_WHAT YOU ARE ASKED TO DO_: Using the data that follows, return exactly the lines from the one that contains "pub trusted_suffixes : List Text" through the one that contains "then ok (30 * second)", ends included.

_THE DATA_:
-- ===== src/Config.antt =====
-- internal/pbr/config.go: the configuration, and the values derived from it. Durations are in
-- nanoseconds. `MaxNetworks` is not negative, as `LoadConfig` sees to.
pub mod Load
pub mod Loaded
use netflix_pbrd.Base.{
  ℕ, ◌*◌, Bool, ◌||◌, List, Option, none, some, Text, ltb, ◌==◌, if◌then◌else◌, Result, ok, err,
  Error, text, codes,
}
use netflix_pbrd.Text.{text_eq}
use netflix_pbrd.Networks.{effective_max}

pub data Role : Type 0 where
  controller agent : Role

abbrev pub is_agent : Role → Bool
is_agent controller = Bool.false
is_agent agent = Bool.true

pub record ApiConfig : Type 0 where
  pub listen : Text
  pub source_url : Text
  pub token : Text
  pub report_token : Text
  pub tls_cert : Text
  pub tls_key : Text
  pub allow_insecure_http : Bool

pub record DnsProxyConfig : Type 0 where
  pub listen : Text
  pub upstream : Text
  pub doh_url : Text
  pub doh_ca_file : Text
  pub trusted_suffixes : List Text
  pub service_prefixes : List Text

pub record ApplyConfig : Type 0 where
  pub driver : Text
  pub interface : Text
  pub input_interface : Text
  pub peer : Text
  pub base_allowed : List Text
  pub next_hop : Text
  pub source_net : Text
  pub wan_interface : Text
  pub table : Text
  pub rule_priority : Text
  pub mark : Text
  pub mask : Text
  pub chain : Text
  pub pbr_section : Text
  pub firewall_section : Text

pub record Config : Type 0 where
  pub role : Role
  pub interval : Text
  pub reapply_interval : Text
  pub state_file : Text
  pub seed_networks : List Text
  pub api : ApiConfig
  pub dns_proxy : DnsProxyConfig
  pub apply : List ApplyConfig
  pub max_networks : ℕ

abbrev pub second : ℕ
second = 1000000000

-- `time.ParseDuration` gives `none` for a text that it refuses, and for a negative duration.
module _ (parse_duration : Text → Option ℕ) where
  at_least : ℕ → Text → Text → Result ℕ
  at_least least message value = elim (parse_duration value) [
    | none ↦ err (text message)
    | some d ↦ if ltb d least then err (text message) else ok d
  ]

  unfoldable pub poll_interval : Config → Result ℕ
  unfolding at_least text_eq
  poll_interval c =
      if text_eq c.interval (codes "")
      then ok (30 * second)
      else at_least (5 * second) (codes "interval must be at least 5s") c.interval

  unfoldable pub reapply_every : Config → Result ℕ
  unfolding at_least text_eq
  reapply_every c =
      if text_eq c.reapply_interval (codes "")
      then ok (300 * second)
      else at_least (30 * second) (codes "reapply_interval must be at least 30s") c.reapply_interval

-- `maxNetworks` of runtime.go
abbrev pub max_networks : Config → ℕ
max_networks c = effective_max c.max_networks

_RESULT FOR THIS TASK_:
  pub trusted_suffixes : List Text
  pub service_prefixes : List Text

pub record ApplyConfig : Type 0 where
  pub driver : Text
  pub interface : Text
  pub input_interface : Text
  pub peer : Text
  pub base_allowed : List Text
  pub next_hop : Text
  pub source_net : Text
  pub wan_interface : Text
  pub table : Text
  pub rule_priority : Text
  pub mark : Text
  pub mask : Text
  pub chain : Text
  pub pbr_section : Text
  pub firewall_section : Text

pub record Config : Type 0 where
  pub role : Role
  pub interval : Text
  pub reapply_interval : Text
  pub state_file : Text
  pub seed_networks : List Text
  pub api : ApiConfig
  pub dns_proxy : DnsProxyConfig
  pub apply : List ApplyConfig
  pub max_networks : ℕ

abbrev pub second : ℕ
second = 1000000000

-- `time.ParseDuration` gives `none` for a text that it refuses, and for a negative duration.
module _ (parse_duration : Text → Option ℕ) where
  at_least : ℕ → Text → Text → Result ℕ
  at_least least message value = elim (parse_duration value) [
    | none ↦ err (text message)
    | some d ↦ if ltb d least then err (text message) else ok d
  ]

  unfoldable pub poll_interval : Config → Result ℕ
  unfolding at_least text_eq
  poll_interval c =
      if text_eq c.interval (codes "")
      then ok (30 * second)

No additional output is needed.